*** TASK INPUT ***

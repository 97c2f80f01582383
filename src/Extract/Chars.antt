-- ===== src/Extract/Chars.antt =====
-- Classes of characters in the C locale, and positions in texts, as src/core/parser_sql_extractors.cpp
-- uses them.
use openivm.Base.{
  ◌≡◌, refl, ap, ◌∙◌, arith, ℕ, ◌+◌, Bool, false, ◌&&◌, ◌||◌, [], ◌∷◌, Option, none, some, Bytes,
  ◌==◌, leb,
}

abbrev pub open_paren : ℕ
open_paren = 40

abbrev pub close_paren : ℕ
close_paren = 41

-- `std::isspace`
unfoldable pub is_space : ℕ → Bool
is_space c = (c == 32) || (leb 9 c && leb c 13)

-- `std::isdigit`
unfoldable pub is_digit : ℕ → Bool
is_digit c = leb 48 c && leb c 57

-- `std::isalnum`
unfoldable pub is_alnum : ℕ → Bool
unfolding is_digit
is_alnum c = is_digit c || (leb 65 c && leb c 90) || (leb 97 c && leb c 122)

-- `IsIdentifierTokenChar`
unfoldable pub is_identifier_token_char : ℕ → Bool
unfolding is_alnum
is_identifier_token_char c = is_alnum c || (c == 95)

-- A position that was found, counted from so many characters earlier.
abbrev pub shift_by : ℕ → Option ℕ → Option ℕ
shift_by n none = none
shift_by n (some i) = some (n + i)

-- `find` of a character.
unfoldable pub contains_char : ℕ → Bytes → Bool
contains_char c [] = false
contains_char c (d ∷ s) = (c == d) || contains_char c s

shift_by-shift_by : (m n : ℕ) (r : Option ℕ) → shift_by m (shift_by n r) ≡ shift_by (m + n) r
shift_by-shift_by m n none = refl
shift_by-shift_by m n (some i) = ap some (omega arith)

pub then_shift :
    (m n : ℕ) (r : Option ℕ) {x : Option ℕ} → x ≡ shift_by n r → shift_by m x ≡ shift_by (m + n) r
then_shift m n r h = ap (shift_by m) h ∙ shift_by-shift_by m n r

pub shift_by_zero : (r : Option ℕ) → shift_by 0 r ≡ r
shift_by_zero none = refl
shift_by_zero (some i) = ap some (omega arith)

***

## TRY IT
Word for word, the whole listing should be given again.

## REPLY TO THE TASK
repository 97c2f80f01582383
filename src/Extract/Chars.antt
-- ===== src/Extract/Chars.antt =====
-- Classes of characters in the C locale, and positions in texts, as src/core/parser_sql_extractors.cpp
-- uses them.
use openivm.Base.{
  ◌≡◌, refl, ap, ◌∙◌, arith, ℕ, ◌+◌, Bool, false, ◌&&◌, ◌||◌, [], ◌∷◌, Option, none, some, Bytes,
  ◌==◌, leb,
}

abbrev pub open_paren : ℕ
open_paren = 40

abbrev pub close_paren : ℕ
close_paren = 41

-- `std::isspace`
unfoldable pub is_space : ℕ → Bool
is_space c = (c == 32) || (leb 9 c && leb c 13)

-- `std::isdigit`
unfoldable pub is_digit : ℕ → Bool
is_digit c = leb 48 c && leb c 57

-- `std::isalnum`
unfoldable pub is_alnum : ℕ → Bool
unfolding is_digit
is_alnum c = is_digit c || (leb 65 c && leb c 90) || (leb 97 c && leb c 122)

-- `IsIdentifierTokenChar`
unfoldable pub is_identifier_token_char : ℕ → Bool
unfolding is_alnum
is_identifier_token_char c = is_alnum c || (c == 95)

-- A position that was found, counted from so many characters earlier.
abbrev pub shift_by : ℕ → Option ℕ → Option ℕ
shift_by n none = none
shift_by n (some i) = some (n + i)

-- `find` of a character.
unfoldable pub contains_char : ℕ → Bytes → Bool
contains_char c [] = false
contains_char c (d ∷ s) = (c == d) || contains_char c s

shift_by-shift_by : (m n : ℕ) (r : Option ℕ) → shift_by m (shift_by n r) ≡ shift_by (m + n) r
shift_by-shift_by m n none = refl
shift_by-shift_by m n (some i) = ap some (omega arith)

pub then_shift :
    (m n : ℕ) (r : Option ℕ) {x : Option ℕ} → x ≡ shift_by n r → shift_by m x ≡ shift_by (m + n) r
then_shift m n r h = ap (shift_by m) h ∙ shift_by-shift_by m n r

pub shift_by_zero : (r : Option ℕ) → shift_by 0 r ≡ r
shift_by_zero none = refl
shift_by_zero (some i) = ap some (omega arith)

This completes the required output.